BEGIN Extracted entries
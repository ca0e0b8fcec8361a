-- ===== src/Vm/Oop.antt =====
-- Tagged object pointers and object headers, src/vm/oop.h. An OOP is a 64-bit word, and a signed
-- 64-bit integer is its word in two's complement.
use smalltalk_a_vm.Prelude.{
  ℕ, ◌+◌, ◌-◌, ◌*◌, ◌/◌, ◌%◌, ◌^◌, ◌≤◌, ◌<◌, ◌≡◌, ap, ◌∙◌, arith, Bool, true, false, not, bit_and,
  bit_or, leb, ◌==◌, if◌then◌else◌, ◌⊎◌,
}
use smalltalk_a_vm.Prelude.Words.{bit_and_mask}
use smalltalk_a_vm.Prelude.Digits.{bit_or_step}
use smalltalk_a_vm.Prelude.Ors.{bit_or_one}

unfoldable pub is_smallint : ℕ → Bool
is_smallint oop = not (bit_and oop 1 == 0)

unfoldable pub is_char : ℕ → Bool
is_char oop = bit_and oop 3 == 2

unfoldable pub is_heap : ℕ → Bool
is_heap oop = bit_and oop 3 == 0

-- `(intptr_t)oop >> 1`, which keeps the sign bit.
unfoldable pub smallint_val : ℕ → ℕ
smallint_val oop = oop / 2 + (if leb (2 ^ 63) oop then 2 ^ 63 else 0)

unfoldable pub smallint_oop : ℕ → ℕ
smallint_oop n = bit_or (n * 2 % 2 ^ 64) 1

unfoldable pub char_val : ℕ → ℕ
char_val oop = oop / 4 % 2 ^ 32

unfoldable pub char_oop : ℕ → ℕ
char_oop cp = bit_or (cp % 2 ^ 32 * 4) 2

pub record ObjHeader : Type 0 where
  pub class_index : ℕ
  pub size : ℕ
  pub gc_flags : ℕ
  pub obj_flags : ℕ
  pub reserved : ℕ

-- `sta_alloc_size`: the allocation unit and the payload, in bytes.
unfoldable pub alloc_size : ℕ → ℕ
alloc_size n = 16 + n * 8

-- A word that stands for an integer from -2^62 to 2^62 - 1.
abbrev pub InSmallintRange : ℕ → Type 0
InSmallintRange n = (n < 2 ^ 62) ⊎ ((2 ^ 64 - 2 ^ 62 ≤ n) × (n < 2 ^ 64))

pub low_bit : (n : ℕ) → bit_and n 1 ≡ n % 2
low_bit n = bit_and_mask 1 n

pub low_two_bits : (n : ℕ) → bit_and n 3 ≡ n % 4
low_two_bits n = bit_and_mask 2 n

pub smallint_oop-eq : (n : ℕ) → smallint_oop n ≡ n % 2 ^ 63 * 2 + 1
unfolding smallint_oop
smallint_oop-eq n =
    let e : n * 2 % 2 ^ 64 ≡ n % 2 ^ 63 * 2 = omega arith in
    ap (λ k. bit_or k 1) e ∙ bit_or_one (n % 2 ^ 63)

pub char_oop-eq : (cp : ℕ) → cp < 2 ^ 32 → char_oop cp ≡ cp * 4 + 2
unfolding char_oop
char_oop-eq cp small =
    let whole : cp % 2 ^ 32 * 4 ≡ cp * 4 = omega arith in
    let half : cp * 4 / 2 ≡ cp * 2 = omega arith in
    ap (λ k. bit_or k 2) whole
    ∙ omega (arith, bit_or_step (cp * 4) 2, ap (λ k. bit_or k 1) half, bit_or_one cp)

-- Every small integer survives its tagging: the OOP is a word with the SmallInt tag and not the
-- Character or heap tag, and gives the integer back with its sign.
pub smallint_val-smallint_oop :
    (n : ℕ)
    → InSmallintRange n
    → (smallint_oop n < 2 ^ 64)
      × (smallint_val (smallint_oop n) ≡ n)
      × (is_smallint (smallint_oop n) ≡ true)
      × (is_char (smallint_oop n) ≡ false)
      × (is_heap (smallint_oop n) ≡ false)
unfolding smallint_val is_smallint is_char is_heap
smallint_val-smallint_oop n range =
    let e = smallint_oop-eq n in
    (
      omega (arith, e),
      ground (arith, e),
      ground (arith, e, low_bit (smallint_oop n)),
      ground (arith, e, low_two_bits (smallint_oop n)),
      ground (arith, e, low_two_bits (smallint_oop n)),
    )

-- Every 32-bit code point survives its tagging, under the Character tag alone.
pub char_val-char_oop :
    (cp : ℕ)
    → cp < 2 ^ 32
    → (char_oop cp < 2 ^ 64)
      × (char_val (char_oop cp) ≡ cp)
      × (is_char (char_oop cp) ≡ true)
      × (is_smallint (char_oop cp) ≡ false)
      × (is_heap (char_oop cp) ≡ false)
unfolding char_val is_smallint is_char is_heap
char_val-char_oop cp small =
    let e = char_oop-eq cp small in
    (
      omega (arith, e),
      omega (arith, e),
      ground (arith, e, low_two_bits (char_oop cp)),
      ground (arith, e, low_bit (char_oop cp)),
      ground (arith, e, low_two_bits (char_oop cp)),
    )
END Extracted entries
Work instruction. Please copy out the preceding data in full, exactly as written.

Finished exercise.
repository ca0e0b8fcec8361a
-- ===== src/Vm/Oop.antt =====
-- Tagged object pointers and object headers, src/vm/oop.h. An OOP is a 64-bit word, and a signed
-- 64-bit integer is its word in two's complement.
use smalltalk_a_vm.Prelude.{
  ℕ, ◌+◌, ◌-◌, ◌*◌, ◌/◌, ◌%◌, ◌^◌, ◌≤◌, ◌<◌, ◌≡◌, ap, ◌∙◌, arith, Bool, true, false, not, bit_and,
  bit_or, leb, ◌==◌, if◌then◌else◌, ◌⊎◌,
}
use smalltalk_a_vm.Prelude.Words.{bit_and_mask}
use smalltalk_a_vm.Prelude.Digits.{bit_or_step}
use smalltalk_a_vm.Prelude.Ors.{bit_or_one}

unfoldable pub is_smallint : ℕ → Bool
is_smallint oop = not (bit_and oop 1 == 0)

unfoldable pub is_char : ℕ → Bool
is_char oop = bit_and oop 3 == 2

unfoldable pub is_heap : ℕ → Bool
is_heap oop = bit_and oop 3 == 0

-- `(intptr_t)oop >> 1`, which keeps the sign bit.
unfoldable pub smallint_val : ℕ → ℕ
smallint_val oop = oop / 2 + (if leb (2 ^ 63) oop then 2 ^ 63 else 0)

unfoldable pub smallint_oop : ℕ → ℕ
smallint_oop n = bit_or (n * 2 % 2 ^ 64) 1

unfoldable pub char_val : ℕ → ℕ
char_val oop = oop / 4 % 2 ^ 32

unfoldable pub char_oop : ℕ → ℕ
char_oop cp = bit_or (cp % 2 ^ 32 * 4) 2

pub record ObjHeader : Type 0 where
  pub class_index : ℕ
  pub size : ℕ
  pub gc_flags : ℕ
  pub obj_flags : ℕ
  pub reserved : ℕ

-- `sta_alloc_size`: the allocation unit and the payload, in bytes.
unfoldable pub alloc_size : ℕ → ℕ
alloc_size n = 16 + n * 8

-- A word that stands for an integer from -2^62 to 2^62 - 1.
abbrev pub InSmallintRange : ℕ → Type 0
InSmallintRange n = (n < 2 ^ 62) ⊎ ((2 ^ 64 - 2 ^ 62 ≤ n) × (n < 2 ^ 64))

pub low_bit : (n : ℕ) → bit_and n 1 ≡ n % 2
low_bit n = bit_and_mask 1 n

pub low_two_bits : (n : ℕ) → bit_and n 3 ≡ n % 4
low_two_bits n = bit_and_mask 2 n

pub smallint_oop-eq : (n : ℕ) → smallint_oop n ≡ n % 2 ^ 63 * 2 + 1
unfolding smallint_oop
smallint_oop-eq n =
    let e : n * 2 % 2 ^ 64 ≡ n % 2 ^ 63 * 2 = omega arith in
    ap (λ k. bit_or k 1) e ∙ bit_or_one (n % 2 ^ 63)

pub char_oop-eq : (cp : ℕ) → cp < 2 ^ 32 → char_oop cp ≡ cp * 4 + 2
unfolding char_oop
char_oop-eq cp small =
    let whole : cp % 2 ^ 32 * 4 ≡ cp * 4 = omega arith in
    let half : cp * 4 / 2 ≡ cp * 2 = omega arith in
    ap (λ k. bit_or k 2) whole
    ∙ omega (arith, bit_or_step (cp * 4) 2, ap (λ k. bit_or k 1) half, bit_or_one cp)

-- Every small integer survives its tagging: the OOP is a word with the SmallInt tag and not the
-- Character or heap tag, and gives the integer back with its sign.
pub smallint_val-smallint_oop :
    (n : ℕ)
    → InSmallintRange n
    → (smallint_oop n < 2 ^ 64)
      × (smallint_val (smallint_oop n) ≡ n)
      × (is_smallint (smallint_oop n) ≡ true)
      × (is_char (smallint_oop n) ≡ false)
      × (is_heap (smallint_oop n) ≡ false)
unfolding smallint_val is_smallint is_char is_heap
smallint_val-smallint_oop n range =
    let e = smallint_oop-eq n in
    (
      omega (arith, e),
      ground (arith, e),
      ground (arith, e, low_bit (smallint_oop n)),
      ground (arith, e, low_two_bits (smallint_oop n)),
      ground (arith, e, low_two_bits (smallint_oop n)),
    )

-- Every 32-bit code point survives its tagging, under the Character tag alone.
pub char_val-char_oop :
    (cp : ℕ)
    → cp < 2 ^ 32
    → (char_oop cp < 2 ^ 64)
      × (char_val (char_oop cp) ≡ cp)
      × (is_char (char_oop cp) ≡ true)
      × (is_smallint (char_oop cp) ≡ false)
      × (is_heap (char_oop cp) ≡ false)
unfolding char_val is_smallint is_char is_heap
char_val-char_oop cp small =
    let e = char_oop-eq cp small in
    (
      omega (arith, e),
      omega (arith, e),
      ground (arith, e, low_two_bits (char_oop cp)),
      ground (arith, e, low_bit (char_oop cp)),
      ground (arith, e, low_two_bits (char_oop cp)),
    )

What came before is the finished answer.